**To do:** What you write should be an exact copy of the material, from its first line through the line containing "then some 0x0a".

**Recorded data:**
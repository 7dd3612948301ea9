-- ===== src/Luastr/Decode.antt =====
-- `luastr_decode` of src/c/luastr.c.
use aviutl_psdtoolkit.Base.{
  ℕ, ◌-◌, not, ◌||◌, [], ◌∷◌, Option, none, some, ◌==◌, if◌then◌else◌, length, Chars, M, ◌>>=◌,
  pure, raise, invalid_argument, null_pointer, unexpected, Wstr, Ovstr,
}
use aviutl_psdtoolkit.Buffer.{Buffer, empty_buffer, put, grow}

-- The `switch` of the loop: the character that a backslash and this letter stand for.
unfoldable pub unescape_of : ℕ → Option ℕ
unescape_of c =
    if c == b'a'
    then some 0x07
    else if c == b'b'
    then some 0x08
    else if c == b't'
    then some 0x09
    else if c == b'n'
    then some 0x0a
    else if c == b'v'
    then some 0x0b
    else if c == b'f'
    then some 0x0c
    else if c == b'r'
    then some 0x0d
    else if c == 0x22
    then some 0x22
    else if c == 0x27
    then some 0x27
    else if c == 0x5c
    then some 0x5c
    else none

-- `src->ptr[len]`, the last character of `c ∷ cs`.
unfoldable pub last_char : ℕ → Chars → ℕ
last_char c [] = c
last_char c (d ∷ ds) = last_char d ds

module _ {W : Type 0} where
  -- The loop over `i`, on the characters from `src->ptr[i]` to `src->ptr[len]`: it goes on while
  -- `i < len`, that is, while there are two.
  unfoldable pub decode_loop : Chars → Buffer → M W Buffer
  decode_loop [] b = pure b
  decode_loop (c ∷ []) b = pure b
  decode_loop (c ∷ d ∷ rest) b =
      let plain = put c b >>= λ b1. decode_loop (d ∷ rest) b1 in
      let kept = put 0x5c b >>= λ b1. decode_loop (d ∷ rest) b1 in
      let taken = λ (v : ℕ). put v b >>= λ b1. decode_loop rest b1 in
      if not (c == 0x5c) then plain else elim (unescape_of d) [ none ↦ kept | some v ↦ taken v ]

  module _ (lib : Ovstr W) where
    -- The arguments are as for `luastr_encode`. `src->len - 2 + 1` wraps, so at length 1 it is 0.
    unfoldable pub luastr_decode : Option Wstr → Option Wstr → M W Chars
    luastr_decode none dest = raise invalid_argument
    luastr_decode (some none) dest = raise invalid_argument
    luastr_decode (some (some [])) dest = raise invalid_argument
    luastr_decode (some (some (c ∷ cs))) none = raise null_pointer
    luastr_decode (some (some (c ∷ cs))) (some _) =
        if not (c == 0x22) || not (last_char c cs == 0x22) then raise unexpected else do
          b ← grow lib (length (c ∷ cs) - 1) empty_buffer
          b ← decode_loop cs b
          b ← put 0 b
          lib.scpy b.chars
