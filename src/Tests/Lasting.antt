-- ===== src/Tests/Lasting.antt =====
-- The theorems on the flags in Redis, at a run with a flag that ends.
use mocko.Base.{ℕ, ◌≡◌, ◌≢◌, refl, Text, txt, some, [], ◌∷◌, text_eq, arith}
use native.Mathlib.Decide.{ℕ_discrete}
use mocko.Base.Dict
use mocko.Redis.Lapsing.{lapsing_hashes, field, look}
use mocko.Flags.MemoryRepository.{Flags, expiry_of}
use mocko.Flags.MemoryRepository.Expiry.{view}
use mocko.Flags.RedisRepository.{sdk}
use mocko.Flags.RedisRepository.Agreement.{Agree}
use mocko.Flags.RedisRepository.Refinement.{
  Calls, setting, getting, asking, AreTimely, memory_call, memory_run, redis_run,
  redis_run-memory_run,
}

abbrev calls : Calls Text
calls =
    (5, setting (txt "a") (txt "1") sdk (some 10))
    ∷ (7, getting (txt "a"))
    ∷ (20, asking (txt "a"))
    ∷ []

abbrev no_flags : Flags Text
no_flags = []

ends_at_15 :
    (now time : ℕ) (key : Text)
    → time ≢ 15
    → expiry_of
        (view now key ((txt "a", record { value = txt "1"; expires_at = some 15 }) ∷ no_flags))
      ≢ some time
unfolding view Dict.get
ends_at_15 now time key other e = ground arith

calls-AreTimely : AreTimely 0 calls no_flags
unfolding memory_call view Dict.get Dict.set mocko.Flags.MemoryRepository.set
    mocko.Flags.MemoryRepository.get mocko.Flags.MemoryRepository.has text_eq ℕ_discrete
calls-AreTimely = (
  omega arith,
  (
    λ key e. cc,
    (
      omega arith,
      (
        λ key e. ground arith,
        (omega arith, (λ key e. ends_at_15 7 20 key (λ (h : 20 ≡ 15). omega arith) e, tt)),
      ),
    ),
  ),
)

unfoldable nothing_held : lapsing_hashes.State
unfolding lapsing_hashes
nothing_held = []

nothing_held-Agrees : Agree lapsing_hashes (λ t. t) some (λ n. txt "now") 0 no_flags nothing_held
unfolding nothing_held lapsing_hashes view Dict.get field look
nothing_held-Agrees key = λ f. refl

redis_run-memory_run_example :
    redis_run lapsing_hashes (λ t. t) some (λ n. txt "now") calls nothing_held
    ≡ memory_run calls no_flags
redis_run-memory_run_example =
    redis_run-memory_run lapsing_hashes (λ t. t) some (λ n. txt "now") (λ v. refl) 0 calls no_flags
      nothing_held nothing_held-Agrees calls-AreTimely
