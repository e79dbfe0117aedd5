-- ===== src/Tests/Listing.antt =====
-- The theorems on the lists of the panel, at a few mocks and pending callbacks.
use mocko.Base.{Text, txt, none, some, List, [], ◌∷◌, text_eq}
use mocko.Control.Filter.{MockDto, PendingDto}

abbrev labeled : List Text → MockDto
labeled labels = record {
  name = txt "m";
  path = txt "/m";
  method = txt "GET";
  file_path = none;
  labels = labels;
}

abbrev mocks : List MockDto
mocks = labeled (txt "Api" ∷ txt "api" ∷ []) ∷ labeled [] ∷ labeled (txt "b" ∷ []) ∷ []

abbrev pending : List PendingDto
pending =
    record { id = txt "a"; due_at = 9; held_at = none }
    ∷ record { id = txt "b"; due_at = 5; held_at = some 3 }
    ∷ record { id = txt "c"; due_at = 7; held_at = none }
    ∷ []
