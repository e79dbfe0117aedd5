-- ===== src/Tests/Merging.antt =====
-- The theorems on mocko-core/src/definitions, at definitions of files and of a deploy that share a
-- slug and a block of data.
use mocko.Base.{ℕ, ◌≡◌, refl, Text, txt, Bool, Option, none, some, List, [], ◌∷◌, first, text_eq}
use mocko.Definitions.Data.{Value, array, DataBlocks, Host, Callback, MockoDefinition}
use mocko.Definitions.Hosts.{find_host_by_slug}
use mocko.Definitions.Merge.{merge_definitions}
use mocko.Definitions.Merge.Precedence.{find_host_by_slug-merge_definitions}
use mocko.Definitions.Provider.{
  Build, DefinitionProvider, get_loaded_definitions, finish_build, loaded_from,
}
use mocko.Definitions.Provider.Currency.{
  Seen, Reach, begin, next, asked, built, initial, definitions-merged,
}
use mocko.Definitions.Records.Laws.{AreObjects}

abbrev host : Text → Text → Host
host slug source = record {
  id = none;
  slug = slug;
  name = none;
  source = source;
  destination = none;
  file_path = none;
}

abbrev callback : Text → Text → Callback
callback slug url = record {
  id = none;
  slug = slug;
  name = none;
  source = none;
  file_path = none;
  method = txt "POST";
  host = none;
  path = none;
  url = some url;
  delay = 0;
  headers = [];
  body = none;
}

abbrev blocks : Value ℕ → DataBlocks ℕ
blocks value = (txt "users", (txt "ids", value) ∷ []) ∷ []

abbrev from_files : MockoDefinition ℕ
from_files = record {
  mocks = [];
  hosts = host (txt "API") (txt "file.test") ∷ host (txt "web") (txt "web.test") ∷ [];
  callbacks = callback (txt "Done") (txt "http://file.test/") ∷ [];
  data_blocks = some (blocks (array (1 ∷ [])));
}

abbrev from_deploy : MockoDefinition ℕ
from_deploy = record {
  mocks = [];
  hosts = host (txt "api") (txt "deploy.test") ∷ [];
  callbacks = callback (txt "done") (txt "http://deploy.test/") ∷ [];
  data_blocks = some (blocks (array (2 ∷ [])));
}

abbrev merged : MockoDefinition ℕ
merged = merge_definitions from_files none (some from_deploy)

blocks-AreObjects : (value : Value ℕ) → AreObjects (blocks value)
unfolding mocko.Base.Dict.get
blocks-AreObjects value = ((refl, tt), ((refl, tt), tt))

find_host_by_slug-merge_definitions_example :
    find_host_by_slug merged.hosts (txt "Api")
    ≡ first
        (find_host_by_slug from_deploy.hosts (txt "Api"))
        (first (find_host_by_slug [] (txt "Api")) (find_host_by_slug from_files.hosts (txt "Api")))
find_host_by_slug-merge_definitions_example =
    find_host_by_slug-merge_definitions from_files none (some from_deploy) (txt "Api")

abbrev under_way : Build ℕ
under_way = record { file_definitions = from_files; deploy_definitions = none }

abbrev unseen : Seen ℕ
unseen = record { files = from_deploy; redis = none }

abbrev seen : Seen ℕ
seen = record { files = from_files; redis = some from_deploy }

abbrev loaded : DefinitionProvider ℕ
loaded = finish_build under_way (some from_deploy) (get_loaded_definitions from_files (initial ℕ))

loaded-Reach : Reach (initial ℕ) unseen loaded seen
unfolding get_loaded_definitions
loaded-Reach =
    next (next begin (asked from_files refl refl)) (built under_way (some from_deploy) refl)

definitions-merged_example :
    ((loaded_from under_way (some from_deploy)).merged
      ≡ merge_definitions from_files (some from_deploy) none)
    × (from_files ≡ from_files)
    × (loaded.building ≡ none)
unfolding finish_build get_loaded_definitions
definitions-merged_example =
    definitions-merged loaded unseen seen (loaded_from under_way (some from_deploy)) loaded-Reach
      refl
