-- ===== src/Tests/Panel.antt =====
-- The theorems on mocko-control/lib, at a panel with one own host, a file's host with its slug, and
-- two management operations.
use native.Mathlib.Decide.{ℕ_discrete}
use mocko.Base.{◌≡◌, refl, txt, Bool, true, false, none, some, List, [], ◌∷◌, text_eq}
use mocko.Control.Store.Agreement.{Call, answers, memory_empty, redis_empty, memory-redis_agree}
use mocko.Control.Store.Memory.{memory_store}
use mocko.Control.Store.Redis.{redis_store}
use mocko.Control.Hosts.{
  Annotation, temporary, read_only, Host, CreateHostInput, PatchHostInput, unset, host_id,
  HostError, host_not_found, host_read_only, host_slug, new_host, Panel, get_host,
  is_file_definition,
}
use mocko.Control.Hosts.Invariant.{
  create, update, own_hosts, handle, IsConsistent, handle-IsConsistent,
}
use mocko.Control.Hosts.Answers.{refusal, handle-refused}
use mocko.Control.Operations.{
  Operation, v1_migration, stale_flags, done, ready, Management, StoreConfig, v1_purge, scanning,
}

abbrev own : Host
own = record {
  id = txt "1";
  slug = txt "API";
  name = none;
  source = txt "api.test";
  destination = none;
  file_path = none;
  annotations = temporary ∷ [];
}

abbrev of_file : Host
of_file = record {
  id = txt "2";
  slug = txt "api";
  name = none;
  source = txt "file.test";
  destination = none;
  file_path = some (txt "a.hcl");
  annotations = read_only ∷ [];
}

abbrev input : CreateHostInput
input = record { slug = txt "web"; name = none; source = txt "web.test"; destination = none }

abbrev change : PatchHostInput
change = record { name = some (txt "n"); source = none; destination = unset }

abbrev panel : Panel (redis_store host_id) [] (of_file ∷ [])
unfolding redis_store
panel = record { own = own ∷ []; deployed = []; gets_through = true }

panel-IsConsistent : IsConsistent (redis_store host_id) [] (of_file ∷ []) panel
unfolding redis_store
panel-IsConsistent = record { valid = tt; ui = (refl, tt); unique = (refl, tt) }

handle-IsConsistent_example :
    IsConsistent
      (redis_store host_id)
      []
      (of_file ∷ [])
      (handle (redis_store host_id) [] (of_file ∷ []) (create (txt "3") input) panel)
unfolding redis_store text_eq ℕ_discrete
handle-IsConsistent_example =
    handle-IsConsistent (redis_store host_id) [] (of_file ∷ []) refl (refl, tt)
      (create (txt "3") input) panel panel-IsConsistent refl

handle-refused_example :
    (own_hosts
        (redis_store host_id)
        []
        (of_file ∷ [])
        (handle (redis_store host_id) [] (of_file ∷ []) (update (txt "2") change) panel)
      ≡ own_hosts (redis_store host_id) [] (of_file ∷ []) panel)
    × ((handle (redis_store host_id) [] (of_file ∷ []) (update (txt "2") change) panel).deployed
        ≡ [])
unfolding redis_store refusal mocko.Control.Hosts.update_host text_eq ℕ_discrete
handle-refused_example =
    handle-refused (redis_store host_id) [] (of_file ∷ []) (update (txt "2") change) panel
      (host_read_only (txt "2")) tt refl

abbrev is_ui : Host → Bool
is_ui host = elim (is_file_definition host) [ true ↦ false | false ↦ true ]

abbrev config : StoreConfig
config = record {
  is_management_supported = true;
  v1_migration_enabled = true;
  redis_prefix = txt "mocko:v2:";
}

abbrev migration : Operation
migration = record {
  id = txt "m";
  type_data = v1_migration (txt "mocko:");
  status = done;
  created_at = 1;
  completed_at = some 2;
}

abbrev stale : Operation
stale = record {
  id = txt "s";
  type_data = stale_flags 60;
  status = ready;
  created_at = 3;
  completed_at = none;
}

abbrev management : Management
management = record { operations = stale ∷ migration ∷ []; jobs = [] }

abbrev purge : Operation
purge = record {
  id = txt "p";
  type_data = v1_purge (txt "mocko:") (some 2);
  status = scanning;
  created_at = 9;
  completed_at = none;
}

abbrev calls : List (Call Host)
calls = Call.save own ∷ Call.save of_file ∷ Call.save own ∷ Call.delete (txt "2") ∷ Call.list ∷ []

memory-redis_agree_example :
    answers host_id (memory_store host_id) calls (memory_empty host_id)
    ≡ answers host_id (redis_store host_id) calls (redis_empty host_id)
memory-redis_agree_example = memory-redis_agree host_id calls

**Solution below:**
repository 7dd3612948301ea9
-- ===== src/Luastr/Decode.antt =====
-- `luastr_decode` of src/c/luastr.c.
use aviutl_psdtoolkit.Base.{
  ℕ, ◌-◌, not, ◌||◌, [], ◌∷◌, Option, none, some, ◌==◌, if◌then◌else◌, length, Chars, M, ◌>>=◌,
  pure, raise, invalid_argument, null_pointer, unexpected, Wstr, Ovstr,
}
use aviutl_psdtoolkit.Buffer.{Buffer, empty_buffer, put, grow}

-- The `switch` of the loop: the character that a backslash and this letter stand for.
unfoldable pub unescape_of : ℕ → Option ℕ
unescape_of c =
    if c == b'a'
    then some 0x07
    else if c == b'b'
    then some 0x08
    else if c == b't'
    then some 0x09
    else if c == b'n'
    then some 0x0a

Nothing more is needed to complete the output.